• Records to use:
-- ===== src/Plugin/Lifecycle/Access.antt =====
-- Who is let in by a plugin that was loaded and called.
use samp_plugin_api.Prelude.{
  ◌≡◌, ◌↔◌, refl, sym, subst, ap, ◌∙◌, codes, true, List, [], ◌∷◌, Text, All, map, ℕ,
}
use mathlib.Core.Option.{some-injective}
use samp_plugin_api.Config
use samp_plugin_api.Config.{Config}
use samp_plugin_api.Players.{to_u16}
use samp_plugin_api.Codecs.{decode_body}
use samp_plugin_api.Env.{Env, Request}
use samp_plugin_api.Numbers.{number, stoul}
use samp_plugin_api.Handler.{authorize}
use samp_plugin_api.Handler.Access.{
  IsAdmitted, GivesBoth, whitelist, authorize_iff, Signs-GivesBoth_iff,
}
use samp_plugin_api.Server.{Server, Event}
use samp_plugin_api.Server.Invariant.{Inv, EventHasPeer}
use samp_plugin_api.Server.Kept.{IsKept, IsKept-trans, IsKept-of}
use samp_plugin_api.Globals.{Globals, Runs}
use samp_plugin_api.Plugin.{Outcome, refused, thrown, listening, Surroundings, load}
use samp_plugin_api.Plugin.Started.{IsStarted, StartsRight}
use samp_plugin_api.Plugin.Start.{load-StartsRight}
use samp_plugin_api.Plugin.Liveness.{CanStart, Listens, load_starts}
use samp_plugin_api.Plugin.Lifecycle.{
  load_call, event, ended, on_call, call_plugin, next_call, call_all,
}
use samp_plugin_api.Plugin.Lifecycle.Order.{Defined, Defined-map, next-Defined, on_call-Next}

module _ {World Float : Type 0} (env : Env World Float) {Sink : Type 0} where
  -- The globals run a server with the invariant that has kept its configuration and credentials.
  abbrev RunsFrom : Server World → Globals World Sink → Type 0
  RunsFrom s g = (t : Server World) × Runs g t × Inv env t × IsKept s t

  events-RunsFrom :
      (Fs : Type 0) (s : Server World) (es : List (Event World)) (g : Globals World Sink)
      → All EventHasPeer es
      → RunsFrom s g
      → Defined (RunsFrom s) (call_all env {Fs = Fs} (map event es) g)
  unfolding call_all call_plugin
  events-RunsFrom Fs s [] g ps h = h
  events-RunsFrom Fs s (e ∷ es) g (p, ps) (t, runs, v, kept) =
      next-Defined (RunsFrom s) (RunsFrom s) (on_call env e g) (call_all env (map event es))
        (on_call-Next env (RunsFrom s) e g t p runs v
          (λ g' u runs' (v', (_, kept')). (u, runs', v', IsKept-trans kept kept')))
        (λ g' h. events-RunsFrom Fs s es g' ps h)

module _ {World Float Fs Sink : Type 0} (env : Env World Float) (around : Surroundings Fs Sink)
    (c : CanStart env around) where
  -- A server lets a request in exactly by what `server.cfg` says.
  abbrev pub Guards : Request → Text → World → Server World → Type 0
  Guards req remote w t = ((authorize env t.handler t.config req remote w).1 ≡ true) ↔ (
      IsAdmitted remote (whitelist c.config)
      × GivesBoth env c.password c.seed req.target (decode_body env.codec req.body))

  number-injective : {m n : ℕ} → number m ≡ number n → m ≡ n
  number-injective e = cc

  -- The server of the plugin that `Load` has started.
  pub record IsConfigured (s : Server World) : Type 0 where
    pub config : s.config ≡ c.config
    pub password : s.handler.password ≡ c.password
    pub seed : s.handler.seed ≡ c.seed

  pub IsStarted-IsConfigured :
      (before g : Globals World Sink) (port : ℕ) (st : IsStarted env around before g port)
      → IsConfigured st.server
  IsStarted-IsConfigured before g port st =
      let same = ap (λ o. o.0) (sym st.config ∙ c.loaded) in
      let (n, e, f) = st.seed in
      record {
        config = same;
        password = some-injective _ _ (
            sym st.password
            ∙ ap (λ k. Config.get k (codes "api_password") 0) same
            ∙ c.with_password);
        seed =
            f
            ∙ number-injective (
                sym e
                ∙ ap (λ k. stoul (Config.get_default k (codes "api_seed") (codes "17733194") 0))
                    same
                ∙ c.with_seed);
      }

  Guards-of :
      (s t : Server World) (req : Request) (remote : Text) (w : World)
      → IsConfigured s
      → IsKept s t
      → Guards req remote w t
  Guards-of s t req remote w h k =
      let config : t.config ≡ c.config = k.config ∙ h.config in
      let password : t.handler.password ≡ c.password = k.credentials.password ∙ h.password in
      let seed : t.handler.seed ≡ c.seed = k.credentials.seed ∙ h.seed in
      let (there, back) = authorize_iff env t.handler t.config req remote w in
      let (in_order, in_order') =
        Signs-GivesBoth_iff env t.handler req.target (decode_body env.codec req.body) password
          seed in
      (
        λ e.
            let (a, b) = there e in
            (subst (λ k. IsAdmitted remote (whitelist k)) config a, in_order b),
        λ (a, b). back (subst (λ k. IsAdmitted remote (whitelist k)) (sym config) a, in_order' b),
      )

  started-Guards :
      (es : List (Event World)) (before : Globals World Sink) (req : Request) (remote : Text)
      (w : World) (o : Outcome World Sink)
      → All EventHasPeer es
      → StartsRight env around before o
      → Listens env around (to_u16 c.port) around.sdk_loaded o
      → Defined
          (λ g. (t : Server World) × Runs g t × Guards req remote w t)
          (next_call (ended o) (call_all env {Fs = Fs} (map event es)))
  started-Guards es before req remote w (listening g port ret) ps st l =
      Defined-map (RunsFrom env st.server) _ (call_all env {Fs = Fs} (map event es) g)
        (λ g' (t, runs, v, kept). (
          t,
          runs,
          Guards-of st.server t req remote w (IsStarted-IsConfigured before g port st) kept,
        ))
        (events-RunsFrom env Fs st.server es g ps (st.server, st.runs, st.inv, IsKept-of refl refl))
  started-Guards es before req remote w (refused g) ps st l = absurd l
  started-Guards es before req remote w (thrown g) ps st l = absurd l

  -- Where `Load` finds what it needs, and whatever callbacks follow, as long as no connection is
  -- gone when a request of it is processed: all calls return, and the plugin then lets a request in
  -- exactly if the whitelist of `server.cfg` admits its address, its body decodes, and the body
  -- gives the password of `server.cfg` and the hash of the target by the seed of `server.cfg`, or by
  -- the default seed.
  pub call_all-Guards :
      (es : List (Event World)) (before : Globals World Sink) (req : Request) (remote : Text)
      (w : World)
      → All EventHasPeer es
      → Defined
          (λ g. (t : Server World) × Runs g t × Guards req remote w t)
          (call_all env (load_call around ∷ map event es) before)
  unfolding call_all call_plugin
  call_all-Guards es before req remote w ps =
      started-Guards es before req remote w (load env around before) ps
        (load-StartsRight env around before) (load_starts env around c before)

• What to produce:
Could you reproduce every record above exactly as it stands?

• Written reply:
-- ===== src/Plugin/Lifecycle/Access.antt =====
-- Who is let in by a plugin that was loaded and called.
use samp_plugin_api.Prelude.{
  ◌≡◌, ◌↔◌, refl, sym, subst, ap, ◌∙◌, codes, true, List, [], ◌∷◌, Text, All, map, ℕ,
}
use mathlib.Core.Option.{some-injective}
use samp_plugin_api.Config
use samp_plugin_api.Config.{Config}
use samp_plugin_api.Players.{to_u16}
use samp_plugin_api.Codecs.{decode_body}
use samp_plugin_api.Env.{Env, Request}
use samp_plugin_api.Numbers.{number, stoul}
use samp_plugin_api.Handler.{authorize}
use samp_plugin_api.Handler.Access.{
  IsAdmitted, GivesBoth, whitelist, authorize_iff, Signs-GivesBoth_iff,
}
use samp_plugin_api.Server.{Server, Event}
use samp_plugin_api.Server.Invariant.{Inv, EventHasPeer}
use samp_plugin_api.Server.Kept.{IsKept, IsKept-trans, IsKept-of}
use samp_plugin_api.Globals.{Globals, Runs}
use samp_plugin_api.Plugin.{Outcome, refused, thrown, listening, Surroundings, load}
use samp_plugin_api.Plugin.Started.{IsStarted, StartsRight}
use samp_plugin_api.Plugin.Start.{load-StartsRight}
use samp_plugin_api.Plugin.Liveness.{CanStart, Listens, load_starts}
use samp_plugin_api.Plugin.Lifecycle.{
  load_call, event, ended, on_call, call_plugin, next_call, call_all,
}
use samp_plugin_api.Plugin.Lifecycle.Order.{Defined, Defined-map, next-Defined, on_call-Next}

module _ {World Float : Type 0} (env : Env World Float) {Sink : Type 0} where
  -- The globals run a server with the invariant that has kept its configuration and credentials.
  abbrev RunsFrom : Server World → Globals World Sink → Type 0
  RunsFrom s g = (t : Server World) × Runs g t × Inv env t × IsKept s t

  events-RunsFrom :
      (Fs : Type 0) (s : Server World) (es : List (Event World)) (g : Globals World Sink)
      → All EventHasPeer es
      → RunsFrom s g
      → Defined (RunsFrom s) (call_all env {Fs = Fs} (map event es) g)
  unfolding call_all call_plugin
  events-RunsFrom Fs s [] g ps h = h
  events-RunsFrom Fs s (e ∷ es) g (p, ps) (t, runs, v, kept) =
      next-Defined (RunsFrom s) (RunsFrom s) (on_call env e g) (call_all env (map event es))
        (on_call-Next env (RunsFrom s) e g t p runs v
          (λ g' u runs' (v', (_, kept')). (u, runs', v', IsKept-trans kept kept')))
        (λ g' h. events-RunsFrom Fs s es g' ps h)

module _ {World Float Fs Sink : Type 0} (env : Env World Float) (around : Surroundings Fs Sink)
    (c : CanStart env around) where
  -- A server lets a request in exactly by what `server.cfg` says.
  abbrev pub Guards : Request → Text → World → Server World → Type 0
  Guards req remote w t = ((authorize env t.handler t.config req remote w).1 ≡ true) ↔ (
      IsAdmitted remote (whitelist c.config)
      × GivesBoth env c.password c.seed req.target (decode_body env.codec req.body))

  number-injective : {m n : ℕ} → number m ≡ number n → m ≡ n
  number-injective e = cc

  -- The server of the plugin that `Load` has started.
  pub record IsConfigured (s : Server World) : Type 0 where
    pub config : s.config ≡ c.config
    pub password : s.handler.password ≡ c.password
    pub seed : s.handler.seed ≡ c.seed

  pub IsStarted-IsConfigured :
      (before g : Globals World Sink) (port : ℕ) (st : IsStarted env around before g port)
      → IsConfigured st.server
  IsStarted-IsConfigured before g port st =
      let same = ap (λ o. o.0) (sym st.config ∙ c.loaded) in
      let (n, e, f) = st.seed in
      record {
        config = same;
        password = some-injective _ _ (
            sym st.password
            ∙ ap (λ k. Config.get k (codes "api_password") 0) same
            ∙ c.with_password);
        seed =
            f
            ∙ number-injective (
                sym e
                ∙ ap (λ k. stoul (Config.get_default k (codes "api_seed") (codes "17733194") 0))
                    same
                ∙ c.with_seed);
      }

  Guards-of :
      (s t : Server World) (req : Request) (remote : Text) (w : World)
      → IsConfigured s
      → IsKept s t
      → Guards req remote w t
  Guards-of s t req remote w h k =
      let config : t.config ≡ c.config = k.config ∙ h.config in
      let password : t.handler.password ≡ c.password = k.credentials.password ∙ h.password in
      let seed : t.handler.seed ≡ c.seed = k.credentials.seed ∙ h.seed in
      let (there, back) = authorize_iff env t.handler t.config req remote w in
      let (in_order, in_order') =
        Signs-GivesBoth_iff env t.handler req.target (decode_body env.codec req.body) password
          seed in
      (
        λ e.
            let (a, b) = there e in
            (subst (λ k. IsAdmitted remote (whitelist k)) config a, in_order b),
        λ (a, b). back (subst (λ k. IsAdmitted remote (whitelist k)) (sym config) a, in_order' b),
      )

  started-Guards :
      (es : List (Event World)) (before : Globals World Sink) (req : Request) (remote : Text)
      (w : World) (o : Outcome World Sink)
      → All EventHasPeer es
      → StartsRight env around before o
      → Listens env around (to_u16 c.port) around.sdk_loaded o
      → Defined
          (λ g. (t : Server World) × Runs g t × Guards req remote w t)
          (next_call (ended o) (call_all env {Fs = Fs} (map event es)))
  started-Guards es before req remote w (listening g port ret) ps st l =
      Defined-map (RunsFrom env st.server) _ (call_all env {Fs = Fs} (map event es) g)
        (λ g' (t, runs, v, kept). (
          t,
          runs,
          Guards-of st.server t req remote w (IsStarted-IsConfigured before g port st) kept,
        ))
        (events-RunsFrom env Fs st.server es g ps (st.server, st.runs, st.inv, IsKept-of refl refl))
  started-Guards es before req remote w (refused g) ps st l = absurd l
  started-Guards es before req remote w (thrown g) ps st l = absurd l

  -- Where `Load` finds what it needs, and whatever callbacks follow, as long as no connection is
  -- gone when a request of it is processed: all calls return, and the plugin then lets a request in
  -- exactly if the whitelist of `server.cfg` admits its address, its body decodes, and the body
  -- gives the password of `server.cfg` and the hash of the target by the seed of `server.cfg`, or by
  -- the default seed.
  pub call_all-Guards :
      (es : List (Event World)) (before : Globals World Sink) (req : Request) (remote : Text)
      (w : World)
      → All EventHasPeer es
      → Defined
          (λ g. (t : Server World) × Runs g t × Guards req remote w t)
          (call_all env (load_call around ∷ map event es) before)
  unfolding call_all call_plugin
  call_all-Guards es before req remote w ps =
      started-Guards es before req remote w (load env around before) ps
        (load-StartsRight env around before) (load_starts env around c before)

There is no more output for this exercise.